→ TASK TO CARRY OUT: Copy exactly the stretch of data below from the line with "valid = b.valid;" through the line with "(frees-cong first s.pages", including both of those lines.

→ Saved data entries:

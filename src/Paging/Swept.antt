-- ===== src/Paging/Swept.antt =====
-- The loop over the entries of a page table.
use mathlib.Core.Path.{subst}
use raw_os.Common.{
  lt_or_le, ℕ, zero, suc, ◌+◌, ◌*◌, ◌≤◌, ◌<◌, ◌≡◌, refl, sym, ap, ◌∙◌, Bool, true, false, not, ◌&&◌,
  Bool-cases, inl, inr, ok, Returns-ok, ◌==◌, if◌then◌else◌, arith,
}
use raw_os.Bitmap.{Bitmap, bitmap_get, bitmap_clear}
use raw_os.Bitmap.Laws.{IsUpdate, bit_of, bitmap_get-eq-bit_of, bitmap_clear-IsUpdate}
use raw_os.Paging.{zero_entry, write, is_page_part_of_kernel_stack_in_process_address_space}
use raw_os.Paging.Clean.{Sweep, clean_entry, clean_entries}
use raw_os.Paging.Entries.{
  removed, stays, frees, any_stays, Owns, IsSwept, freed_one, merge_bits, merge_tests, one_entry,
  frees-cong, any_stays-cong,
}

module _ (first : ℕ) where
  IsSwept-same :
      (s s' : Sweep) (j k : ℕ) → IsSwept first s 1 j s' → j + 1 ≤ k → s'.pages k ≡ s.pages k
  IsSwept-same s s' j k swept le = swept.pages_eq k ∙ ground arith

  Owns-one : (s : Sweep) (n j : ℕ) → Owns s (suc n) j → Owns s 1 j
  Owns-one s n j owns = record {
    valid = owns.valid;
    inside = λ k le lt p. owns.inside k le (omega arith) p;
    in_use = λ k le lt p. owns.in_use k le (omega arith) p;
    distinct = λ k l le kl lt p q. absurd (omega arith);
  }

  Owns-next :
      (s s' : Sweep) (n j : ℕ) → Owns s (suc n) j → IsSwept first s 1 j s' → Owns s' n (j + 1)
  Owns-next s s' n j owns swept = record {
    valid = swept.valid;
    inside = λ k le lt p.
        let e = IsSwept-same s s' j k swept le in
        subst (λ x. x.frame_address_20_bits < s'.frames.size * 8) (sym e)
          (omega (
            arith,
            owns.inside k (omega arith) (omega arith) (ap (λ x. x.present) (sym e) ∙ p),
            swept.frames_size,
          ));
    in_use = λ k le lt p.
        let e = IsSwept-same s s' j k swept le in
        let present = ap (λ x. x.present) (sym e) ∙ p in
        subst (λ x. bit_of s'.frames x.frame_address_20_bits ≡ true) (sym e)
          (swept.bits _
            ∙ elim (Bool-cases (frees first s.pages 1 j (s.pages k).frame_address_20_bits)) [
              | inl freed ↦
                  let (here, same) = freed_one first s.pages j _ freed in
                  absurd
                    (owns.distinct j k (omega arith) (omega arith) (omega arith) here present same)
              | inr kept ↦ rw kept (owns.in_use k (omega arith) (omega arith) present)
            ]);
    distinct = λ k l le kl lt p q.
        let e = IsSwept-same s s' j k swept le in
        let f = IsSwept-same s s' j l swept (omega arith) in
        λ same.
          owns.distinct k l (omega arith) kl (omega arith) (ap (λ x. x.present) (sym e) ∙ p)
            (ap (λ x. x.present) (sym f) ∙ q)
            (ap (λ x. x.frame_address_20_bits) (sym e)
              ∙ (same ∙ ap (λ x. x.frame_address_20_bits) f));
  }

  IsSwept-next :
      (s s1 s2 : Sweep) (n j : ℕ)
      → IsSwept first s 1 j s1
      → IsSwept first s1 n (j + 1) s2
      → IsSwept first s (suc n) j s2
  IsSwept-next s s1 s2 n j a b = record {
    valid = b.valid;
    frames_size = b.frames_size ∙ a.frames_size;
    bits = λ f.
        b.bits f
        ∙ (ap (λ t. if t then false else bit_of s1.frames f)
              (frees-cong first s.pages s1.pages n (j + 1) f λ k le. IsSwept-same s s1 j k a le)
            ∙ (ap (λ t. if frees first s.pages n (j + 1) f then false else t) (a.bits f)
                ∙ merge_bits (removed first s.pages j && ((s.pages j).frame_address_20_bits == f))
                    (frees first s.pages n (j + 1) f) (bit_of s.frames f)));
    pages_eq = λ k. b.pages_eq k ∙ elim (lt_or_le j k) [
      | inl lt ↦ rw (IsSwept-same s s1 j k a (omega arith)) (ground arith)
      | inr le ↦ ground (arith, a.pages_eq k)
    ];
    destroyed =
        b.destroyed
        ∙ (ap (λ t. s1.should_table_be_destroyed && not t)
              (any_stays-cong first s.pages s1.pages n (j + 1) λ k le. IsSwept-same s s1 j k a le)
            ∙ (ap (λ t. t && not (any_stays first s.pages n (j + 1))) a.destroyed
                ∙ merge_tests s.should_table_be_destroyed (stays first s.pages j)
                    (any_stays first s.pages n (j + 1))));
  }

  abbrev on_stack : ℕ → Bool
  on_stack j = is_page_part_of_kernel_stack_in_process_address_space (first + j)

  absent-IsSwept :
      (j : ℕ) (s : Sweep) → Owns s 1 j → (s.pages j).present ≡ false → IsSwept first s 1 j s
  absent-IsSwept j s owns e = record {
    valid = owns.valid;
    frames_size = refl;
    bits = λ f. rw e refl;
    pages_eq = one_entry s.pages s.pages (removed first s.pages) j (λ k ne. refl) (rw e refl);
    destroyed = ground (arith, e);
  }

  stack-IsSwept :
      (j : ℕ) (s : Sweep)
      → Owns s 1 j
      → (s.pages j).present ≡ true
      → on_stack j ≡ true
      → IsSwept first s 1 j (record s { should_table_be_destroyed = false })
  stack-IsSwept j s owns e st = record {
    valid = owns.valid;
    frames_size = refl;
    bits = λ f. rw (e, st) refl;
    pages_eq = one_entry s.pages s.pages (removed first s.pages) j (λ k ne. refl) (rw (e, st) refl);
    destroyed = ground (arith, e, st);
  }

  removed-IsSwept :
      (j : ℕ) (s : Sweep) (frames : Bitmap)
      → IsUpdate s.frames (s.pages j).frame_address_20_bits false frames
      → (s.pages j).present ≡ true
      → on_stack j ≡ false
      → IsSwept first s 1 j (record s { frames = frames; pages = write s.pages j zero_entry })
  removed-IsSwept j s frames update e st = record {
    valid = update.valid;
    frames_size = update.same_size;
    bits = λ f. update.reads f ∙ rw (e, st) (ground arith);
    pages_eq =
        one_entry s.pages (write s.pages j zero_entry) (removed first s.pages) j
          (λ k ne. ground arith) (rw (e, st) (ground arith));
    destroyed = ground (arith, e, st);
  }

  clean_entry-IsSwept :
      (j : ℕ) (s : Sweep)
      → Owns s 1 j
      → (s' : Sweep) × (clean_entry first j s ≡ ok s') × IsSwept first s 1 j s'
  unfolding clean_entry
  clean_entry-IsSwept j s owns = elim (Bool-cases (s.pages j).present) [
    | inr e ↦ (s, rw (clean_entry, e), absent-IsSwept j s owns e)
    | inl e ↦
        let inside = owns.inside j (omega arith) (omega arith) e in
        let used = owns.in_use j (omega arith) (omega arith) e in
        let got : bitmap_get s.frames (s.pages j).frame_address_20_bits ≡ ok 1 =
          bitmap_get-eq-bit_of s.frames _ owns.valid inside
          ∙ ap (λ b. ok (if b then 1 else 0)) used in
        elim (Bool-cases (on_stack j)) [
          | inl st ↦ (_, rw (clean_entry, e, got, st) refl, stack-IsSwept j s owns e st)
          | inr st ↦
              let (frames, ec, update) =
                Returns-ok (bitmap_clear s.frames (s.pages j).frame_address_20_bits)
                  (IsUpdate s.frames (s.pages j).frame_address_20_bits false)
                  (bitmap_clear-IsUpdate s.frames _ owns.valid inside) in
              (_, rw (clean_entry, e, got, st, ec) refl, removed-IsSwept j s frames update e st)
        ]
  ]

  -- If the present pages among `n` entries have frames of their own, all in use, the sweep over
  -- these entries returns: the pages that are not of the kernel's stack are removed and their
  -- frames free, no other entry or frame changes, and the table is to be destroyed exactly if it
  -- was to be before and no page stays.
  pub clean_entries-IsSwept :
      (n j : ℕ) (s : Sweep)
      → Owns s n j
      → (s' : Sweep) × (clean_entries first n j s ≡ ok s') × IsSwept first s n j s'
  unfolding clean_entries
  clean_entries-IsSwept zero j s owns = (
    s,
    refl,
    record {
      valid = owns.valid;
      frames_size = refl;
      bits = λ f. refl;
      pages_eq = λ k. ground arith;
      destroyed = ground arith;
    },
  )
  clean_entries-IsSwept (suc n) j s owns =
      let (s1, e1, a) = clean_entry-IsSwept j s (Owns-one s n j owns) in
      let (s2, e2, b) = clean_entries-IsSwept n (j + 1) s1 (Owns-next s s1 n j owns a) in
      (s2, rw (clean_entries, e1) e2, IsSwept-next s s1 s2 n j a b)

→ ANSWER BOX:
    valid = b.valid;
    frames_size = b.frames_size ∙ a.frames_size;
    bits = λ f.
        b.bits f
        ∙ (ap (λ t. if t then false else bit_of s1.frames f)
              (frees-cong first s.pages s1.pages n (j + 1) f λ k le. IsSwept-same s s1 j k a le)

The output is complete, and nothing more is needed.